Yeah I never understood the logic of keeping cars outside as a way of rust prevention.  The point of salt is to lower the freezing point of water, so if the concern is road salt chances are the salty liquid mixture will remain a liquid far below 32 degrees.  Of course if you're in an area where it's regularly below 0 degrees Farenheit maybe that'll work, but then what's the point of putting salt on the road if it doesn't melt ice/snow?  

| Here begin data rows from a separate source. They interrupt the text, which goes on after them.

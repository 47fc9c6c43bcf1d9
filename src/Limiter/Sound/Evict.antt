-- ===== src/Limiter/Sound/Evict.antt =====
-- What deleting the candidates changes, and the answer of `make_room`.
use gu_gu_manager.Base.{
  ℕ, ◌+◌, ◌-◌, ◌≤◌, ◌≡◌, refl, ◌∙◌, inl, inr, String, Bool, true, false, List, [], ◌∷◌, arith,
  length, take, length-take, All, Bool-cases, str_eq, eq_iff, contains, leb, ltb, leb→le,
}
use gu_gu_manager.Base.Maps.{
  Assoc, lookup, remove, IsDistinct, lookup-remove, length-remove, remove-IsDistinct,
}
use gu_gu_manager.Limiter.State.{AttemptLimit, AttemptState}
use gu_gu_manager.Limiter.Reserve.{
  Candidate, missing, candidates, sort_candidates, delete_candidates, make_room,
}
use gu_gu_manager.Limiter.Sound.Entries.{IsSound, remove-IsSound}
use gu_gu_manager.Limiter.Sound.Room.{
  in_flight_of, IsEvictable, AreDistinct, candidates-IsEvictable, candidates-AreDistinct,
  sort_candidates-All, sort_candidates-AreDistinct, take-All, take-AreDistinct,
  length-sort_candidates, missing-remove, in_flight_of-remove,
}

-- The candidates to delete: distinct keys of entries that may go.
record AreEvictable (requested : List String) (m : Assoc AttemptState) (cs : List Candidate)
    : Type 0 where
  each : All (IsEvictable requested m) cs
  distinct : AreDistinct cs

module _ (requested : List String) where
  IsEvictable-after :
      (c d : Candidate) (m : Assoc AttemptState)
      → str_eq c.key d.key ≡ false
      → IsEvictable requested m d
      → IsEvictable requested (remove c.key m) d
  unfolding in_flight_of
  IsEvictable-after c d m h e =
      ground (arith, lookup-remove c.key d.key m, e.present, e.unrequested, e.resting)

  all-IsEvictable_after :
      (c : Candidate) (m : Assoc AttemptState) (cs : List Candidate)
      → All (λ d. str_eq c.key d.key ≡ false) cs
      → All (IsEvictable requested m) cs
      → All (IsEvictable requested (remove c.key m)) cs
  all-IsEvictable_after c m [] f e = tt
  all-IsEvictable_after c m (d ∷ ds) f e =
      (IsEvictable-after c d m f.0 e.0, all-IsEvictable_after c m ds f.1 e.1)

  evictable_tail :
      (c : Candidate) (cs : List Candidate) (m : Assoc AttemptState)
      → AreEvictable requested m (c ∷ cs)
      → AreEvictable requested (remove c.key m) cs
  evictable_tail c cs m v = record {
    each = all-IsEvictable_after c m cs v.distinct.0 v.each.1;
    distinct = v.distinct.1;
  }

  length-delete_candidates :
      (cs : List Candidate) (m : Assoc AttemptState)
      → AreEvictable requested m cs
      → IsDistinct m
      → length (delete_candidates cs m) + length cs ≡ length m
  unfolding delete_candidates
  length-delete_candidates [] m v d = omega arith
  length-delete_candidates (c ∷ cs) m v d = ground (
    arith,
    length-delete_candidates cs (remove c.key m) (evictable_tail c cs m v)
        (remove-IsDistinct c.key m d),
    length-remove c.key m d,
    v.each.0.present,
  )

  missing-delete_candidates :
      (cs : List Candidate) (m : Assoc AttemptState)
      → AreEvictable requested m cs
      → missing requested (delete_candidates cs m) ≡ missing requested m
  unfolding delete_candidates
  missing-delete_candidates [] m v = refl
  missing-delete_candidates (c ∷ cs) m v =
      missing-delete_candidates cs (remove c.key m) (evictable_tail c cs m v)
      ∙ missing-remove requested c.key m requested v.each.0.unrequested

  in_flight_of-delete_candidates :
      (j : String) (cs : List Candidate) (m : Assoc AttemptState)
      → AreEvictable requested m cs
      → in_flight_of j (delete_candidates cs m) ≡ in_flight_of j m
  unfolding delete_candidates
  in_flight_of-delete_candidates j [] m v = refl
  in_flight_of-delete_candidates j (c ∷ cs) m v =
      in_flight_of-delete_candidates j cs (remove c.key m) (evictable_tail c cs m v)
      ∙ in_flight_of-remove requested c.key j m v.each.0.resting

  requested-delete_candidates :
      (j : String) (cs : List Candidate) (m : Assoc AttemptState)
      → contains j requested ≡ true
      → AreEvictable requested m cs
      → lookup j (delete_candidates cs m) ≡ lookup j m
  unfolding delete_candidates
  requested-delete_candidates j [] m r v = refl
  requested-delete_candidates j (c ∷ cs) m r v =
      requested-delete_candidates j cs (remove c.key m) r (evictable_tail c cs m v)
      ∙ ground (arith, lookup-remove c.key j m, eq_iff c.key j, v.each.0.unrequested)

delete_candidates-IsSound :
    (config : AttemptLimit) (n : ℕ) (cs : List Candidate) (m : Assoc AttemptState)
    → IsSound config n m
    → IsSound config n (delete_candidates cs m)
unfolding delete_candidates
delete_candidates-IsSound config n [] m v = v
delete_candidates-IsSound config n (c ∷ cs) m v =
    delete_candidates-IsSound config n cs (remove c.key m) (remove-IsSound config n c.key m v)

-- What holds of the answer: no attempt in flight is lost, the requested entries stay, and there is
-- room for the requested keys if the answer is yes.
pub record HasRoom (config : AttemptLimit) (n : ℕ) (requested : List String)
    (m : Assoc AttemptState) (r : Assoc AttemptState × Bool) : Type 0 where
  pub sound : IsSound config n r.0
  pub ledger : (j : String) → in_flight_of j r.0 ≡ in_flight_of j m
  pub requested_stay : (j : String) → contains j requested ≡ true → lookup j r.0 ≡ lookup j m
  pub room : r.1 ≡ true → length r.0 + missing requested r.0 ≤ config.capacity

module _ (config : AttemptLimit) (n : ℕ) (requested : List String) (m : Assoc AttemptState) where
  unchanged :
      (b : Bool)
      → (b ≡ true → length m + missing requested m ≤ config.capacity)
      → IsSound config n m
      → HasRoom config n requested m (m, b)
  unchanged b room v = record {
    sound = v;
    ledger = λ j. refl;
    requested_stay = λ j _. refl;
    room = room;
  }

  chosen_AreEvictable :
      (k : ℕ)
      → IsDistinct m
      → AreEvictable requested m (take k (sort_candidates (candidates requested m)))
  chosen_AreEvictable k d = record {
    each = take-All _ k _ (sort_candidates-All _ _ (candidates-IsEvictable requested m d));
    distinct =
        take-AreDistinct k _ (sort_candidates-AreDistinct _ (candidates-AreDistinct requested m d));
  }

  evicted :
      (k : ℕ)
      → k ≤ length (candidates requested m)
      → length m + missing requested m ≤ config.capacity + k
      → IsSound config n m
      → HasRoom config n requested m
          (delete_candidates (take k (sort_candidates (candidates requested m))) m, true)
  evicted k few enough v =
      let chosen = chosen_AreEvictable k v.distinct in
      let cs = take k (sort_candidates (candidates requested m)) in
      record {
        sound = delete_candidates-IsSound config n cs m v;
        ledger = λ j. in_flight_of-delete_candidates requested j cs m chosen;
        requested_stay = λ j r. requested-delete_candidates requested j cs m r chosen;
        room = λ _. omega (
          arith,
          length-delete_candidates requested cs m chosen v.distinct,
          missing-delete_candidates requested cs m chosen,
          length-take k (sort_candidates (candidates requested m)),
          length-sort_candidates (candidates requested m),
        );
      }

  pub make_room-HasRoom :
      IsSound config n m → HasRoom config n requested m (make_room config requested m)
  unfolding make_room
  make_room-HasRoom v = elim (Bool-cases (leb (length m + missing requested m) config.capacity)) [
    | inl fits ↦ rw (fits, make_room) (unchanged true (λ _. leb→le _ _ fits) v)
    | inr full ↦
        elim (Bool-cases (
          ltb (length (candidates requested m))
            (length m + missing requested m - config.capacity))) [
              | inl short ↦ rw (full, short, make_room) (unchanged false (λ e. cc) v)
              | inr long ↦ rw (full, long, make_room) (evicted _ (ground arith) (omega arith) v)
            ]
  ]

Because I used to live in an area where it was routinely below -18C or 0F. In my area, it was common to use pickled sand (75% sand and 25% salt). They applied it because the sand works in the cold and the salt works once it warms up.

car39
car39 HalfDork
2/13/19 4:13 p.m.

I breathed in enough of the asphalt based stuff in the 70's to qualify my lungs as a highway.  Real men don't wear masks when they rustproof new cars.  The only stuff I ever saw work decently was Bilstein's Waxoyl.  I don't know if it's still around.  My 90 Miata was sprayed with it, and it still has rocker panels.

P3PPY
P3PPY Reader
2/13/19 7:03 p.m.
car39 said:

I breathed in enough of the asphalt based stuff in the 70's to qualify my lungs as a highway.  Real men don't wear masks when they rustproof new cars.  The only stuff I ever saw work decently was Bilstein's Waxoyl.  I don't know if it's still around.  My 90 Miata was sprayed with it, and it still has rocker panels.